'Legends of Tomorrow' May Have Just Made Jesus a Meta-Human
One of history's most celebrated in the DCU might have had powers.
On DC’s Legends of Tomorrow, a science fiction series about a ragtag team of superheroes traveling through time, the spear that pierced Jesus Christ during his crucifixion — known by many names, including the Spear of Destiny — is a plot device. A few bad guys called the Legion of Doom are after it for its powers, and the noble “Legends” are racing to stop them. Legends of Tomorrow, which shares continuity with other shows like Arrow and The Flash, isn’t unique in its appropriation of historical relics as MacGuffins. But in its sprawling multi-genre sandbox universe, the implications are more significant. Is Legends of Tomorrow establishing Christ as a meta-human?
The term “metahuman” was coined by Game of Thrones writer George R.R. Martin in 1986 but was introduced into the DC Universe by Bill Mantlo in his crossover mini-series Invasion. “Metahuman” (sometimes stylized as meta-human) specifically refers to any individual with abilities no matter their origins; Superman is a meta-human, as is Wonder Woman, the Flash, Poison Ivy, Doctor Fate, and more. (Batman isn’t a meta-human, but his unlimited capacity for knowledge, warfare, and preparation in his overwritten canon leaves this status up for debate.) With Christ, who famously performed miracles in the New Testament, there’s room to classify him as a meta-human in the DC Comics universe, and perhaps the television series is implying as much.
Superheroes were born in American comic books during the Great Depression, but mankind has been obsessed with people who defy nature for millennia. A common, overused notion is that the ancient Greek gods, whose epic adventures were intertwined with personal drama, were the earliest forerunners to superheroes. But it always seemed sacrilege, if not plain absurd, to equate Christ an equal to Superman. But no other figure in religious history has their iconography endlessly recycled in the genre; homages appear all the time in comics — like Frank Miller’s Daredevil: Born Again — to films like Spider-Man 2, Man of Steel, and Batman v Superman, which went haywire with a medieval aesthetic and loaded “god versus men” metaphors.
But that’s all interpretation. What about canonical acknowledgment? What if Jesus Christ is not only in the DC Universe — which the Spear of Destiny’s existence confirms — but was actually a meta-human?

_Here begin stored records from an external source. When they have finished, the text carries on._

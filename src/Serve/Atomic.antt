-- ===== src/Serve/Atomic.antt =====
-- The writes of coordinator.py and a process that is killed in one of them: what the paths name.
use donut_server.Prelude.{
  ℕ, zero, suc, ◌<◌, ◌≡◌, refl, sym, ap, ◌∙◌, ◌≢◌, ◌⊎◌, inl, inr, Option, none, some, List, [], ◌∷◌,
  ◌++◌, map, arith, take, length, lookup, put, erase, lookup-put, lookup-erase, ◌==◌, ==_refl,
  append_assoc, length-append, subst, false, append-nil, Bool-cases,
}
use donut_server.Bytes.{Bytes, Name, name_eq, list_eqb_iff}
use donut_server.Serve.Files.{
  Disk, Act, append, replace, tmp_path, content, act, perform, write_acts, written,
}

-- A path names what it named, or it is the write's and names the whole payload.
abbrev pub Whole : Name → Bytes → Name → Disk → Disk → Type 0
Whole final payload path before after =
    (lookup path after ≡ lookup path before) ⊎ ((path ≡ final) × (lookup path after ≡ some payload))

-- the acts after the creation
abbrev rest_acts : Name → Bytes → List Act
rest_acts final payload =
    map (append (tmp_path final)) payload ++ replace (tmp_path final) final ∷ []

take-nil : (n : ℕ) → take {A = Act} n [] ≡ []
take-nil zero = refl
take-nil (suc n) = refl

put-apart :
    (k j : Name) (v : Bytes) (d : Disk) → (k == j) ≡ false → lookup j (put k v d) ≡ lookup j d
put-apart k j v d h = ground (arith, lookup-put k j v d)

-- one more byte of the temporary file
appended :
    (tmp : Name) (b : ℕ) (acc : Bytes) (disk : Disk)
    → lookup tmp disk ≡ some acc
    → lookup tmp (act (append tmp b) disk) ≡ some (acc ++ b ∷ [])
unfolding act content
appended tmp b acc disk h =
    let held : content tmp disk ≡ acc = ground (arith, h) in
    ground
      (arith, held, lookup-put tmp tmp (content tmp disk ++ b ∷ []) disk, ==_refl ⦃e = name_eq⦄ tmp)

-- os.replace of a temporary file with the contents `acc`
replaced-Whole :
    (final path : Name) (acc : Bytes) (disk : Disk)
    → (tmp_path final == path) ≡ false
    → lookup (tmp_path final) disk ≡ some acc
    → Whole final acc path disk (act (replace (tmp_path final) final) disk)
unfolding act content
replaced-Whole final path acc disk apart h =
    let gone = erase (tmp_path final) disk in
    let kept : lookup path gone ≡ lookup path disk =
      ground (arith, lookup-erase (tmp_path final) path disk) in
    let held : content (tmp_path final) disk ≡ acc = ground (arith, h) in
    subst (λ c. Whole final acc path disk (put final c gone)) (sym held)
      (elim (Bool-cases (final == path)) [
        | inl same ↦
            let e : path ≡ final = sym ((list_eqb_iff final path).0 same) in
            inr (e, ground (arith, same, lookup-put final path acc gone))
        | inr other ↦ inl (put-apart final path acc gone other ∙ kept)
      ])

-- what they leave, from the contents `acc` of the temporary file
take-rest_acts-Whole :
    (final path : Name) (payload acc : Bytes) (stop : ℕ) (disk : Disk)
    → (tmp_path final == path) ≡ false
    → lookup (tmp_path final) disk ≡ some acc
    → Whole final (acc ++ payload) path disk (perform (take stop (rest_acts final payload)) disk)
unfolding perform act content
take-rest_acts-Whole final path payload acc zero disk apart h = inl refl
take-rest_acts-Whole final path [] acc (suc stop) disk apart h =
    rw (take-nil stop, append-nil acc) (replaced-Whole final path acc disk apart h)
take-rest_acts-Whole final path (b ∷ payload) acc (suc stop) disk apart h =
    let tmp = tmp_path final in
    let kept : lookup path (put tmp (content tmp disk ++ b ∷ []) disk) ≡ lookup path disk =
      put-apart tmp path (content tmp disk ++ b ∷ []) disk apart in
    let ih =
      take-rest_acts-Whole final path payload (acc ++ b ∷ []) stop _ apart
        (appended tmp b acc disk h) in
    elim ih [
      | inl same ↦ inl (same ∙ kept)
      | inr (e, whole) ↦ inr (e, whole ∙ ap some (append_assoc acc (b ∷ []) payload))
    ]

take-length : (acts : List Act) → take (length acts) acts ≡ acts
take-length [] = refl
take-length (a ∷ acts) = ap (◌∷◌ a) (take-length acts)

apart-false : (final path : Name) → path ≢ tmp_path final → (tmp_path final == path) ≡ false
apart-false final path other = elim (Bool-cases (tmp_path final == path)) [
  | inl same ↦ absurd (other (sym ((list_eqb_iff (tmp_path final) path).0 same)))
  | inr differ ↦ differ
]

take-write_acts-Whole :
    (stop : ℕ) (final path : Name) (payload : Bytes) (disk : Disk)
    → (tmp_path final == path) ≡ false
    → Whole final payload path disk (perform (take stop (write_acts final payload)) disk)
unfolding write_acts perform act
take-write_acts-Whole zero final path payload disk apart = inl refl
take-write_acts-Whole (suc stop) final path payload disk apart =
    let tmp = tmp_path final in
    let created : lookup tmp (put tmp [] disk) ≡ some [] =
      ground (arith, lookup-put tmp tmp [] disk, ==_refl ⦃e = name_eq⦄ tmp) in
    elim (take-rest_acts-Whole final path payload [] stop (put tmp [] disk) apart created) [
      | inl same ↦ inl (same ∙ put-apart tmp path [] disk apart)
      | inr whole ↦ inr whole
    ]

-- Whenever a write stops, and however much of it was done, every path but the temporary one names
-- what it named before, or it is the write's own path and names the whole payload.
pub written-Whole :
    (stop : Option ℕ) (final path : Name) (payload : Bytes) (disk : Disk)
    → path ≢ tmp_path final
    → Whole final payload path disk (written stop final payload disk)
unfolding written
written-Whole none final path payload disk other =
    subst (λ acts. Whole final payload path disk (perform acts disk))
      (take-length (write_acts final payload))
      (take-write_acts-Whole (length (write_acts final payload)) final path payload disk
        (apart-false final path other))
written-Whole (some stop) final path payload disk other =
    take-write_acts-Whole stop final path payload disk (apart-false final path other)

perform-rest_acts :
    (final : Name) (payload acc : Bytes) (disk : Disk)
    → lookup (tmp_path final) disk ≡ some acc
    → lookup final (perform (rest_acts final payload) disk) ≡ some (acc ++ payload)
unfolding perform act content
perform-rest_acts final [] acc disk h =
    let held : content (tmp_path final) disk ≡ acc = ground (arith, h) in
    let gone = erase (tmp_path final) disk in
    let put_there =
      subst (λ c. lookup final (put final c gone) ≡ some acc) (sym held)
        (ground (arith, lookup-put final final acc gone, ==_refl ⦃e = name_eq⦄ final)) in
    rw (append-nil acc) put_there
perform-rest_acts final (b ∷ payload) acc disk h =
    perform-rest_acts final payload (acc ++ b ∷ []) _ (appended (tmp_path final) b acc disk h)
    ∙ ap some (append_assoc acc (b ∷ []) payload)

-- a write that is not cut short
pub written_complete :
    (final : Name) (payload : Bytes) (disk : Disk)
    → lookup final (written none final payload disk) ≡ some payload
unfolding written write_acts perform act
written_complete final payload disk =
    let tmp = tmp_path final in
    perform-rest_acts final payload [] (put tmp [] disk)
      (ground (arith, lookup-put tmp tmp [] disk, ==_refl ⦃e = name_eq⦄ tmp))

-- paths of other lengths than the write's
pub written_elsewhere :
    (stop : Option ℕ) (final path : Name) (payload : Bytes) (disk : Disk)
    → length path < length final
    → lookup path (written stop final payload disk) ≡ lookup path disk
unfolding tmp_path
written_elsewhere stop final path payload disk short =
    let longer = length-append final (b'.' ∷ b't' ∷ b'm' ∷ b'p' ∷ []) in
    elim (written-Whole stop final path payload disk
      (λ e. absurd (omega (arith, ap length e, longer)))) [
        | inl same ↦ same
        | inr (e, whole) ↦ absurd (omega (arith, ap length e))
      ]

Jesus is no stranger to comic books. While Christian comics are its own niche market, Jesus has also had official presence in DC canon. Christ first appeared in a flashback in Tomahawk #138 in 1972, a comic about Christmas (which for some reason released in February). Years later, in 2012, The Judas Coin by Walter Simonson showed Jesus in the DCU in Simonson’s graphic novel about one of the 30 silvers paid to Judas. The coin is passed down through history, making its way to Two-Face while fighting Batman.
And the coin, like the Spear of Destiny, isn’t the only Christian artifact that’s been included in the canon: the Shroud of Turin, a cloth believed to be Jesus’s burial shroud bearing his face, was also a plot device in Fabian Nicieza’s Azrael #13. And while it’s purely a comic book invention, the healing waters of the Lazarus Pit — a key plot device in seasons three and four of Arrow — is itself a Biblical reference through its namesake. So DC writers appear at ease using Bible relics as superpowered MacGuffins, but the logical next step has to be affirming the known powers of Christ himself.
Chasing after Jesus’s eBay wares is attractive to storytellers for obvious reasons. That there could be answers to questions surrounding the most celebrated and controversial individual in history makes for a good time in pulpy, action-adventure stories. There are roots in the real world for this, too; Adolf Hitler, like a real supervillain, was rumored to be obsessed with finding the Spear of Destiny (but it’s a crap shoot to believe it’s true). That myth is one of the reasons — mechanization of genocide and legitimate evil aside — that makes Nazis easy fodder for being an occult force in popular fiction.
It’s doubtful if Legends of Tomorrow will go as far as calling Jesus Christ “meta-human.” Even if a throwaway explainer of Christ’s miracles by Jax — a young mechanic and one-half of Firestorm — reciting old Sunday school wisdom could be picked apart and extrapolated upon, it’s still a stretch. But classifying Christ wouldn’t necessarily change his origin story, nor would it reboot his ancestry. Really, calling Jesus a meta-human would simply be about getting answers.